= Beginning of Section =

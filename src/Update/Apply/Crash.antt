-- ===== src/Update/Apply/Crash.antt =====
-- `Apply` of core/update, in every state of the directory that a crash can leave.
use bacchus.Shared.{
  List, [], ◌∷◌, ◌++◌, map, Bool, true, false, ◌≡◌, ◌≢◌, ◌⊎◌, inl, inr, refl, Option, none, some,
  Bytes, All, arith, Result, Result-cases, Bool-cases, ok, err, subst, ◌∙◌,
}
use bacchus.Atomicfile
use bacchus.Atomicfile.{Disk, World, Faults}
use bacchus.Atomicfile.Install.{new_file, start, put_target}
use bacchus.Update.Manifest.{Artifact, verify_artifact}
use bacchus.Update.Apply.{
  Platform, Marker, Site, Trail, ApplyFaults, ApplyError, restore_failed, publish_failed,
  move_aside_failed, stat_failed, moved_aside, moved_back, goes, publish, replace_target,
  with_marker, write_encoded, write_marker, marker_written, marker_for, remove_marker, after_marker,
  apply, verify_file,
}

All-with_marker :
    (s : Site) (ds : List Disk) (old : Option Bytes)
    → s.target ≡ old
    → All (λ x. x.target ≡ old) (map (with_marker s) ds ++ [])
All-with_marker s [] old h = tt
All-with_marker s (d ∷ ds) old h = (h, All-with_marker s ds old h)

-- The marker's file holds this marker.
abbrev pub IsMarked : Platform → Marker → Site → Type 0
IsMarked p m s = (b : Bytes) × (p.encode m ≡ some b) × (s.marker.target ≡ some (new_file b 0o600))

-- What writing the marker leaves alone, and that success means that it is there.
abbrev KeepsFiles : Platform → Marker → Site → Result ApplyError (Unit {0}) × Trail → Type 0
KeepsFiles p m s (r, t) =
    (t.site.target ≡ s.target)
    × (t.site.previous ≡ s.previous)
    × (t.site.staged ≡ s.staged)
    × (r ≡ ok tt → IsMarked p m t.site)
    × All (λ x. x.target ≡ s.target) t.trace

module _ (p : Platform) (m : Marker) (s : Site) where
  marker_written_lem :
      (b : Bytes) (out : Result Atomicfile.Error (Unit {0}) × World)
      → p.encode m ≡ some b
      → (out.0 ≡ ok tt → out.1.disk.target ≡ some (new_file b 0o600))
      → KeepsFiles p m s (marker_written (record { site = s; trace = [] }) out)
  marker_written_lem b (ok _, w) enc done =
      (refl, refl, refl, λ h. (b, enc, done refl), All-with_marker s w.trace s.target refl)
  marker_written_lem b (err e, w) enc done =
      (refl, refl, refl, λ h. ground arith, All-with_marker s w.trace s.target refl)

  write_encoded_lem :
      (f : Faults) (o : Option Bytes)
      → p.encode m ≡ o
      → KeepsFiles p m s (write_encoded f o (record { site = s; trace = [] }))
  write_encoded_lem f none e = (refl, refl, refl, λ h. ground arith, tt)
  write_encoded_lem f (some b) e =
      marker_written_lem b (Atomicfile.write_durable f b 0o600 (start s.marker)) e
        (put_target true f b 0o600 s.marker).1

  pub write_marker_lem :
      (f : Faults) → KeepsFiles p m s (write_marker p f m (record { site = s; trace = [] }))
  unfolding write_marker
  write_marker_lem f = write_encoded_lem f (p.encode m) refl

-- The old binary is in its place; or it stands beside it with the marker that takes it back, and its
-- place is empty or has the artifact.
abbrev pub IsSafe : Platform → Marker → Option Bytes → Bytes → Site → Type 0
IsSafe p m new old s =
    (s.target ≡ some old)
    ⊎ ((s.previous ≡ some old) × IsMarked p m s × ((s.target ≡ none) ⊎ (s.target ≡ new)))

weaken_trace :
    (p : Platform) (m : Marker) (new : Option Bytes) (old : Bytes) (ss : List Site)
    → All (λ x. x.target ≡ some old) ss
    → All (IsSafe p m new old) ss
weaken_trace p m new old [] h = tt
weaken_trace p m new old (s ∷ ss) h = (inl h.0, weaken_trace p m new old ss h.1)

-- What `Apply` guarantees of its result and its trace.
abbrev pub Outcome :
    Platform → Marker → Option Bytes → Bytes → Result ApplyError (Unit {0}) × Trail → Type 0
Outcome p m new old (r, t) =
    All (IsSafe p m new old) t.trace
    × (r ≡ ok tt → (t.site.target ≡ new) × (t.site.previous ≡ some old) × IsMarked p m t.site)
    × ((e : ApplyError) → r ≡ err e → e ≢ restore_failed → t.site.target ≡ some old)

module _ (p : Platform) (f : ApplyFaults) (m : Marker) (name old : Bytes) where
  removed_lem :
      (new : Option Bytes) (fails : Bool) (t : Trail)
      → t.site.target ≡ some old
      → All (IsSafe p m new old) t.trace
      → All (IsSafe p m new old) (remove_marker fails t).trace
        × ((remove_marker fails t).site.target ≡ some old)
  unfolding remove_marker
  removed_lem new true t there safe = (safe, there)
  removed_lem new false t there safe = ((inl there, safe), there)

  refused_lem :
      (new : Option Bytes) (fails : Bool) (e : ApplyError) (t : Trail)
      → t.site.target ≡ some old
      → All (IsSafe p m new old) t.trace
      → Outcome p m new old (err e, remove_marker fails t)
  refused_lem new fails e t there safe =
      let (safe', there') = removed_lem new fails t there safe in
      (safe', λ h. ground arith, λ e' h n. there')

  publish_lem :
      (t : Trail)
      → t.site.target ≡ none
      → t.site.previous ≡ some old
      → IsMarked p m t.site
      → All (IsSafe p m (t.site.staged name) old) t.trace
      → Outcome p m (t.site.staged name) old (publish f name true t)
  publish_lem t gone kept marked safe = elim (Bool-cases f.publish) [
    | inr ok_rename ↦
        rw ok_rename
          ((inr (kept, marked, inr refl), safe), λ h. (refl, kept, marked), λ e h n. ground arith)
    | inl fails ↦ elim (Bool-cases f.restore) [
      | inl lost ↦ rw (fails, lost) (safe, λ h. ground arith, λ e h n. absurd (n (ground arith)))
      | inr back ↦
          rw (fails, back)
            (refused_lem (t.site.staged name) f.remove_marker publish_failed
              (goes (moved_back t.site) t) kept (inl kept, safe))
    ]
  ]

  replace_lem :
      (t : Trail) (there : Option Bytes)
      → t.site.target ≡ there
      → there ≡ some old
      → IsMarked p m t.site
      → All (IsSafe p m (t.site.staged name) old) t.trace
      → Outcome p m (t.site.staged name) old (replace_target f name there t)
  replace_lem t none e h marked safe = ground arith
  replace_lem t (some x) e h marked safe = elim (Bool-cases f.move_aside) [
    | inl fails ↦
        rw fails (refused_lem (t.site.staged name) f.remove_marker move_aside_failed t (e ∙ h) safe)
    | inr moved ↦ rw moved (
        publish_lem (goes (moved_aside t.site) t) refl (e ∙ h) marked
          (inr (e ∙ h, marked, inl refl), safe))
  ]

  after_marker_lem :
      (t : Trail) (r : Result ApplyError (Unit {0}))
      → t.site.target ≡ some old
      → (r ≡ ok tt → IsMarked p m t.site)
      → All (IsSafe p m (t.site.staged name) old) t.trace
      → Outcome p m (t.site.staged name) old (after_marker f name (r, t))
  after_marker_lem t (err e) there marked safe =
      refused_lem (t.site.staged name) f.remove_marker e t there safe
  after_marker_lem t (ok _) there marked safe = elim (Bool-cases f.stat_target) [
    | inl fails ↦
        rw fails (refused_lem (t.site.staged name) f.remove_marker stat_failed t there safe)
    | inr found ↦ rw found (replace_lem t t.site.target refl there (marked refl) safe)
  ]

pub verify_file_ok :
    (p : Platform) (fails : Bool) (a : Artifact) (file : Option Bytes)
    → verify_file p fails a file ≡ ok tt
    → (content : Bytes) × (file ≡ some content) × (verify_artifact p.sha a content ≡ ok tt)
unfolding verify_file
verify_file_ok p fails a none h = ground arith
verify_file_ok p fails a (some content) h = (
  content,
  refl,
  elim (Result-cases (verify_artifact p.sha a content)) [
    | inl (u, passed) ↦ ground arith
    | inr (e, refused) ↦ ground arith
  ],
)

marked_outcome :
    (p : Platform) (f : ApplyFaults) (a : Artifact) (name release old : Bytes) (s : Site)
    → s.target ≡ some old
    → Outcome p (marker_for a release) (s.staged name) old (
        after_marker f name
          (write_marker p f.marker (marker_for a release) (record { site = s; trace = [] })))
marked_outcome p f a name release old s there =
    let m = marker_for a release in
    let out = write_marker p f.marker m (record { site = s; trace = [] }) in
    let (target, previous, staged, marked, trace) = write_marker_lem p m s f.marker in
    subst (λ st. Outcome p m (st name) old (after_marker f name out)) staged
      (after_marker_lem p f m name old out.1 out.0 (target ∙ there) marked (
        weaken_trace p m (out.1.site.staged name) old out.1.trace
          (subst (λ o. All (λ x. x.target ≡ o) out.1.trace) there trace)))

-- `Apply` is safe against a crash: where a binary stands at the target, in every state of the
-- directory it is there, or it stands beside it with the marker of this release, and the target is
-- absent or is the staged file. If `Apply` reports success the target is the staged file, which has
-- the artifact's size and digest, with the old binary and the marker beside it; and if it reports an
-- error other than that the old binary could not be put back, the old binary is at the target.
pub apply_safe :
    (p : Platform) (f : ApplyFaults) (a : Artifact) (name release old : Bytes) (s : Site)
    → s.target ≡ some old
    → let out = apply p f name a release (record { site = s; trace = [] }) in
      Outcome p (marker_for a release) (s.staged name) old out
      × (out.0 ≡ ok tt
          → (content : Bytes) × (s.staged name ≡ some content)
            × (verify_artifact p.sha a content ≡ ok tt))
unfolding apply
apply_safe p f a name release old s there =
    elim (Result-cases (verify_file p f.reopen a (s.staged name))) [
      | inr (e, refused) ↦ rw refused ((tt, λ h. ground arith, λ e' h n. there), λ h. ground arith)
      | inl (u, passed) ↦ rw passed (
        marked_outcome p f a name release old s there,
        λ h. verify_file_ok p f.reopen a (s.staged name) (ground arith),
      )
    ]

= End of Section =

Directions for this task »
Using the records above, write out exactly the lines between the one holding "removed_lem new true" and the one holding "there ≡ some old", inclusive; leave everything else out.

Exercise response »
  removed_lem new true t there safe = (safe, there)
  removed_lem new false t there safe = ((inl there, safe), there)

  refused_lem :
      (new : Option Bytes) (fails : Bool) (e : ApplyError) (t : Trail)
      → t.site.target ≡ some old
      → All (IsSafe p m new old) t.trace
      → Outcome p m new old (err e, remove_marker fails t)
  refused_lem new fails e t there safe =
      let (safe', there') = removed_lem new fails t there safe in
      (safe', λ h. ground arith, λ e' h n. there')

  publish_lem :
      (t : Trail)
      → t.site.target ≡ none
      → t.site.previous ≡ some old
      → IsMarked p m t.site
      → All (IsSafe p m (t.site.staged name) old) t.trace
      → Outcome p m (t.site.staged name) old (publish f name true t)
  publish_lem t gone kept marked safe = elim (Bool-cases f.publish) [
    | inr ok_rename ↦
        rw ok_rename
          ((inr (kept, marked, inr refl), safe), λ h. (refl, kept, marked), λ e h n. ground arith)
    | inl fails ↦ elim (Bool-cases f.restore) [
      | inl lost ↦ rw (fails, lost) (safe, λ h. ground arith, λ e h n. absurd (n (ground arith)))
      | inr back ↦
          rw (fails, back)
            (refused_lem (t.site.staged name) f.remove_marker publish_failed
              (goes (moved_back t.site) t) kept (inl kept, safe))
    ]
  ]

  replace_lem :
      (t : Trail) (there : Option Bytes)
      → t.site.target ≡ there
      → there ≡ some old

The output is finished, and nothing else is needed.